DIOCESI – «Il concetto non è eliminare, ma rendere vivibile ciò che ci è stato dato. Per questo motivo i medici nel giuramento che si rifà ad Ippocrate giurano di perseguire come scopi esclusivi la difesa della vita e il sollievo della sofferenza, di non compiere atti idonei a provocare deliberatamente la morte di un paziente». E’ un passaggio della riflessione che il dottor Carlo Di Biagio (medico chirurgo, impegnato nella Caritas Diocesana) affida a L’Ancora su una questione molto attuale in questi ultimi giorni, ossia quello dell’eutanasia.

Secondo il dottor Di Biagio: «Da diverso tempo si fa un gran parlare di alcuni temi che riguardano la vita dell’uomo per regolamentarli con leggi

specifiche. Al centro della discussione, però, non c’è l’Uomo, ma i suoi desideri  o un suo diritto chiamato autodeterminazione. Si fanno discorsi del tipo: “Io della mia vita o della vita che ho in me (Embrione) posso fare tutto quello che voglio. Per questa  mia libertà  lo Stato mi deve tutelare e permettere che io possa raggiungere i miei scopi”. Ma questo concetto è un po’ all’antipodo della legge naturale che prevede per la vita un inizio e una fine ,prevede benessere e purtroppo  in alcuni casi malattia ed invalidità».

Che fare, dunque? «Come la scienza ha favorito la vita – risponde il medico – anche in situazioni di disagio così la scienza medica deve assolutamente rendere in parte accettabile la vita in caso di disabilità, eliminando il dolore e favorendo ogni tipo riabilitazione, in modo da rendere la situazione di disagio meno disdicevole possibile per la persona. Il concetto non è eliminare, ma rendere vivibile ciò che ci è stato dato. Per questo motivo i medici nel giuramento che si rifà ad Ippocrate giurano di perseguire come scopi esclusivi la difesa della vita e il sollievo della sofferenza, di non compiere atti idonei a provocare deliberatamente la morte di un paziente».

Allargando poi lo spettro della discussione, Di Biagio fa poi notare come «nel mondo si è creato un movimento per l’eliminazione della pena di morte: pena per certi versi assurda. A fronte di tale movimento si è creato un fronte favorevole all’eliminazione dell’individuo su sua scelta o su scelta di qualche altro. In alcune situazioni dello Stato – vedi casi recenti in Francia ed Inghilterra – in altre  di parenti o amici o amministratori. In molti casi rimane la solitudine di una fredda stanza dove la “libertà” dell’uomo si esprime nello spingere un bottone per eliminare ogni tipo di relazione, alcune volte disgraziatamente anche molto ridotta, con il mondo che lo circonda».
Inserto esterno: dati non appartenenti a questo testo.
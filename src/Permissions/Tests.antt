-- ===== src/Permissions/Tests.antt =====
-- Two permissions of the treasury, and the theorems at them.
use mathlib.Core.List.{Memᴰ}
use current_dao_contracts.Base.{
  pos, ◌≡◌, ◌≢◌, ◌↔◌, refl, ◌∙◌, String, ◌==◌, eq_iff, true, false, none, some, [], ◌∷◌,
  text_length, get, set, ok,
}
use current_dao_contracts.Acl.{normalize_id, seconds}
use current_dao_contracts.Permissions.Defs.{
  PermissionManager, PermissionDefinition, allow, deny, medium, new, permission_of,
  register_function_permissions, grant_direct_permission, grants_of, revoke_direct_permission,
  match_permissions,
}
use current_dao_contracts.Permissions.Grants.{grant_of, grant_then_revoke, revocation_misses}
use current_dao_contracts.Permissions.Matching.{Covers, matches_exactly}

abbrev m0 : PermissionManager
m0 = (register_function_permissions 9000 "TREASURY" ("withdraw" ∷ "*" ∷ []) "root" new).1

abbrev id : String
id = "EXECUTE_TREASURY_WITHDRAW"

abbrev withdraw : PermissionDefinition
withdraw = record {
  id = id;
  contract_id = "TREASURY";
  function_name = "withdraw";
  description = "Execute TREASURY.withdraw";
  effect = allow;
  is_wildcard = false;
  risk_level = medium;
  gas_estimate = 2940;
  created_by = "root";
  created_at = pos 9;
}

normal : normalize_id id ≡ id
unfolding normalize_id
normal = refl

raw : normalize_id "execute_treasury_withdraw" ≡ id
unfolding normalize_id
raw = refl

stored : get id m0.permissions ≡ some withdraw
unfolding register_function_permissions permission_of set normalize_id text_length seconds
stored = refl

abbrev m1 : PermissionManager
m1 = record { permissions = m0.permissions; direct_grants = [] }

found : get (normalize_id id) m1.permissions ≡ some withdraw
found = rw normal stored

found_raw : get (normalize_id "execute_treasury_withdraw") m1.permissions ≡ some withdraw
found_raw = rw raw stored

raw_apart : "execute_treasury_withdraw" ≢ normalize_id "execute_treasury_withdraw"
raw_apart e =
    let same : ("execute_treasury_withdraw" == id) ≡ true =
      (eq_iff "execute_treasury_withdraw" id).1 (e ∙ raw) in
    cc same

grant_then_revoke_example :
    let grant = grant_of 10000 "ann" id "root" allow none none in
    let (given, m') = grant_direct_permission 10000 "ann" id "root" allow none none m1 in
    let (taken, m'') = revoke_direct_permission "ann" id m' in
    (given ≡ ok grant)
    × (get id (grants_of "ann" m') ≡ some grant)
    × (taken ≡ ok (some grant))
    × (get id (grants_of "ann" m'') ≡ none)
grant_then_revoke_example =
    grant_then_revoke 10000 "ann" id "root" allow none none m1 withdraw found normal tt tt

revocation_misses_test :
    let m' =
      (grant_direct_permission 10000 "ann" "execute_treasury_withdraw" "root" deny none none
        m1).1 in
    (revoke_direct_permission "ann" "execute_treasury_withdraw" m' ≡ (ok none, m'))
    × (get "execute_treasury_withdraw" (grants_of "ann" m')
        ≡ some (grant_of 10000 "ann" "execute_treasury_withdraw" "root" deny none none))
revocation_misses_test =
    revocation_misses 10000 "ann" "execute_treasury_withdraw" "root" deny none none m1 withdraw
      found_raw raw_apart refl

matches_exactly_example :
    Memᴰ withdraw (match_permissions (id ∷ "OTHER" ∷ []) "TREASURY" "withdraw" m1) ↔ (
      (i : String) × Memᴰ i (id ∷ "OTHER" ∷ [])
      × (get i m1.permissions ≡ some withdraw)
      × Covers "TREASURY" "withdraw" withdraw)
matches_exactly_example = matches_exactly "TREASURY" "withdraw" m1 (id ∷ "OTHER" ∷ []) withdraw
«Tale scelta è una scelta riduttiva, condizionata sicuramente dai desideri di vita che ognuno ha, dalla carenza di assistenza, dalla diminuzioni di relazioni che si instaurano in certe situazioni per cui l’individuo si sente più un oggetto che un soggetto. Questi sono momenti che ci debbono portare ad una riflessione profonda e a modificare dei nostri comportamenti. Non eliminare (Morte) ma rigenerare. Il compito del medico è quello di favorire la vita senza incorrere nell’accanimento terapeutico. La vita, come già detto, ha un inizio ed una fine e questa regola va rispettata nella sua naturalità. Noi medici per molto tempo forse abbiamo trascurato la vicinanza al malato in condizioni oltremodo critiche, abbiamo demandato ad altri quelli che erano i nostri compiti di presenza. Da un punto di vista umano (Giuramento del medico) eliminare una persona è un abominio, accompagnarla eventualmente all’ultimo passo riducendo le varie disabilità con una presenza, è un dovere».

A che conclusioni giunge, dunque? «Da queste considerazioni – conclude il medico – nascono i disaccordi con una legge che vorrebbe regolamentare il fine della vita considerando i desideri e non la grandezza della vita di un uomo pur ridotto nelle sue funzioni. Aggiungere al dovere del medico di proteggere la vita l’altro di dare, cioè,  la morte su comando è un vero controsenso. Al più debole va rivolta la nostra attenzione affinché sia segno di riflessione e di attenzione. Arrogarci il potere di vita e di morte ci spinge oltre la naturalità delle cose e ci fa ricordare vecchie esperienze che pensavamo superate. Ad ognuno, ripeto, una riflessione ed un impegno. Eliminare è facile, costruire è più difficile ma è tipico  dell’uomo».